= Jacques d'Allonville =

French astronomer and mathematician (1671–1732)

Jacques Eugène d'Allonville de Louville (14 July 1671 – 10 September 1732) was a French astronomer and mathematician. He also went by the name of Chevalier de Louville (Knight of Louville).

==Early life and education==

Louville's father (1628–1707) was the lord of Louville. His mother (1646–1704) was born a Vaultier de Moyencourt. His family had a higher social rank.

As the youngest son, Jacques Louville was destined to the church; the other choices were a military career or another path which would not offend his elders. When he was questioned about the tonsure at age 7, he attended the ceremony and firmly declared that he would not be ecclesiastic.

==Military career==
Louville was the youngest in the French Royal Navy. He fought in the Battle of La Hougue in 1692, and became an army captain at the end of 1700. His older brother Charles Auguste, who served with Philip V, brought him there. He was nominated to be a brigadier and his services were recognised with a pension.

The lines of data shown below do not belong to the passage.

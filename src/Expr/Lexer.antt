-- ===== src/Expr/Lexer.antt =====
-- `make_token`.
use nju_ics2020_pa.Base.{
  ℕ, zero, suc, ◌+◌, ◌-◌, ◌*◌, Bool, ◌||◌, List, [], ◌∷◌, ◌++◌, ltb, leb, ◌==◌, if◌then◌else◌,
  Result, ok, stop, out_of_fuel, ◌>>=◌, ◌>>◌, assert, defined, length, take, drop, Option, none,
  some,
}
use nju_ics2020_pa.Expr.Token.{
  TokenType, tk_notype, tk_mux, tk_rbrkt, tk_reg, tk_deref, tk_num, tk_hex_num, Token, Piece, once,
  many, optional, Rule, rules, same_type,
}

-- How many characters of a class a text begins with.
abbrev pub span : (ℕ → Bool) → List ℕ → ℕ
span p [] = 0
span p (c ∷ s) = if p c then suc (span p s) else 0

-- The length of the match at the start of a text. No class of the table overlaps with the one that
-- follows it, so the longest match takes each piece as far as it goes.
abbrev pub match_len : List Piece → List ℕ → Option ℕ
match_len [] s = some 0
match_len (once p ∷ r) [] = none
match_len (once p ∷ r) (c ∷ s) =
    if p c then elim (match_len r s) [ none ↦ none | some n ↦ some (suc n) ] else none
match_len (many p ∷ r) s =
    if span p s == 0
    then none
    else elim (match_len r (drop (span p s) s)) [ none ↦ none | some n ↦ some (span p s + n) ]
match_len (optional p ∷ r) [] = match_len r []
match_len (optional p ∷ r) (c ∷ s) =
    if p c
    then elim (match_len r s) [ none ↦ none | some n ↦ some (suc n) ]
    else match_len r (c ∷ s)

-- The first rule that matches here, with the length of its match.
abbrev pub find_rule : List Rule → List ℕ → Option (TokenType × ℕ)
find_rule [] s = none
find_rule (r ∷ rs) s = elim (match_len r.regex s) [
  | none ↦ find_rule rs s
  | some n ↦ some (r.token_type, n)
]

abbrev token : TokenType → List ℕ → Token
token t s = record { type = t; str = s }

abbrev pub tokens_max_size : ℕ
tokens_max_size = 65536

abbrev sizeof_token : ℕ
sizeof_token = 36

-- `memset(tokens[nr_token].str, 0, TOKENS_MAX_SIZE)` has to stay inside the array of tokens. What it
-- clears behind `nr_token` is written again before it is read.
abbrev pub memset_fits : List Token → Bool
memset_fits ts =
    leb (sizeof_token * length ts + 4 + tokens_max_size) (sizeof_token * tokens_max_size)

-- The type of `*`, by the token before it.
unfoldable pub star_type : List Token → TokenType
star_type [] = tk_deref
star_type (t ∷ ts) =
    if same_type t.type tk_rbrkt || (same_type t.type tk_num || same_type t.type tk_hex_num)
    then tk_mux
    else tk_deref

-- A number without its `U`.
abbrev pub strip_u : List ℕ → List ℕ
strip_u [] = []
strip_u (c ∷ []) = if c == b'U' then [] else c ∷ []
strip_u (c ∷ d ∷ s) = c ∷ strip_u (d ∷ s)

-- A hexadecimal number: behind a `*` it becomes the string of that token, over what is there.
abbrev pub add_hex : List ℕ → List Token → List Token
add_hex s [] = token tk_hex_num s ∷ []
add_hex s (t ∷ ts) =
    if same_type t.type tk_deref
    then token t.type (s ++ drop (length s) t.str) ∷ ts
    else token tk_hex_num s ∷ t ∷ ts

-- The `switch` of the loop. The tokens are listed from the last to the first.
unfoldable pub add_token : TokenType → List ℕ → List Token → Result (List Token)
unfolding star_type
add_token tk_notype s ts = ok ts
add_token tk_mux s ts = ok (token (star_type ts) [] ∷ ts)
add_token tk_reg s ts = defined (leb (length s - 1) 32) >> ok (token tk_reg (drop 1 s) ∷ ts)
add_token tk_num s ts = assert (ltb (length s) 32) >> ok (token tk_num (strip_u s) ∷ ts)
add_token tk_hex_num s ts = assert (ltb (length s) 10) >> ok (add_hex s ts)
add_token t s ts = ok (token t [] ∷ ts)

-- The rounds of the `while` loop; each takes at least one character.
unfoldable pub token_loop : ℕ → List Token → List ℕ → Result (Option (List Token))
unfolding add_token
token_loop fuel ts [] = ok (some ts)
token_loop zero ts (c ∷ s) = stop out_of_fuel
token_loop (suc fuel) ts (c ∷ s) = elim (find_rule rules (c ∷ s)) [
  | none ↦ ok none
  | some (t, n) ↦ do
    defined (memset_fits ts)
    ts' ← add_token t (take n (c ∷ s)) ts
    token_loop fuel ts' (drop n (c ∷ s))
]

-- `ok none` is `return false`.
unfoldable pub make_token : List ℕ → Result (Option (List Token))
unfolding token_loop
make_token e = token_loop (length e) [] e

When he returned to France, he resumed his service. He became a prisoner of war in 1708 at the Battle of Oudenarde and was held for two years. Once he was released he became Colonel of the Dragons of The Queen army and was paid by the king. He later returned to the study of astronomy. He cut ties with the army and against the wishes of his family, returning his officer certificate and renouncing his appointments.

==Scientific career==
He devoted his time to mathematics and the principle of astronomy.
Louville went to Marseille in 1713 or 1714, to measure the height of the pole needed to properly tie his observations of the stars to the observations of Pythéas (a Greek astronomer and explorer), made 2000 years earlier.
In 1715, Louville went to London to observe a total solar eclipse, assisting Edmund Halley. The men saw on the dark surface of the Moon jets of light that lasted for an instant and passed. They resembled flashes (fulminations).
In 1717 he situated himself in Carré a mile from Orléans. He had been a member of the Academy of Sciences since 1714 and the Academy had a residency obligation. The situation was not a regular occurrence. But Louville promised to communicate to the school annually, kept his promise and continued to study the sky in Orléans.

==Contributions==

Louville concluded in his measurements taken during his stay in Marseille ( watching the same stars that Pythéas had observed in the same city five centuries ago and those of other astronomers for century's had also observed) that the tilt on the axis of earth was not constant all the time. Voltaire was the witness after the other enlargement of time scales given by the work of Louville.

"This astronomer in 1714 went to Marseille to observe the eclipse as it had been set by Pythéas approximately 2000 years before; he found in less than 20 minutes, it is to say in 2000 years, the eclipse, according to him it was approaching the equator by 3 degrees ( its assumed). Besides the movements he knew the sun would have another movement where it would turn on itself from one pole to another. This finding showed that in 23000 years the sun will be directed towards the equator and that in 2 million years all the climates around the world under the torrid zones and under the glacier zones will change” (Voltaire)

Louville's thesis, explained mathematically by Euler, and accepted today, had a considerable echo but he was still challenged by other scientists. La Hire and Riccioli were reluctant. The observations from ancient Greeks, Arab-Muslim, ancient Chinese and the west search to add ideas.

The crater Louville on the Moon is named after him.

==Bibliography==
- Observations sur l'obliquité de l'écliptique, 1714
- Nouvelles tables du soleil, 1720
- Nouvelle méthode de calculer les éclipses, 1724
- Remarques sur la question des forces vives, 1721–28.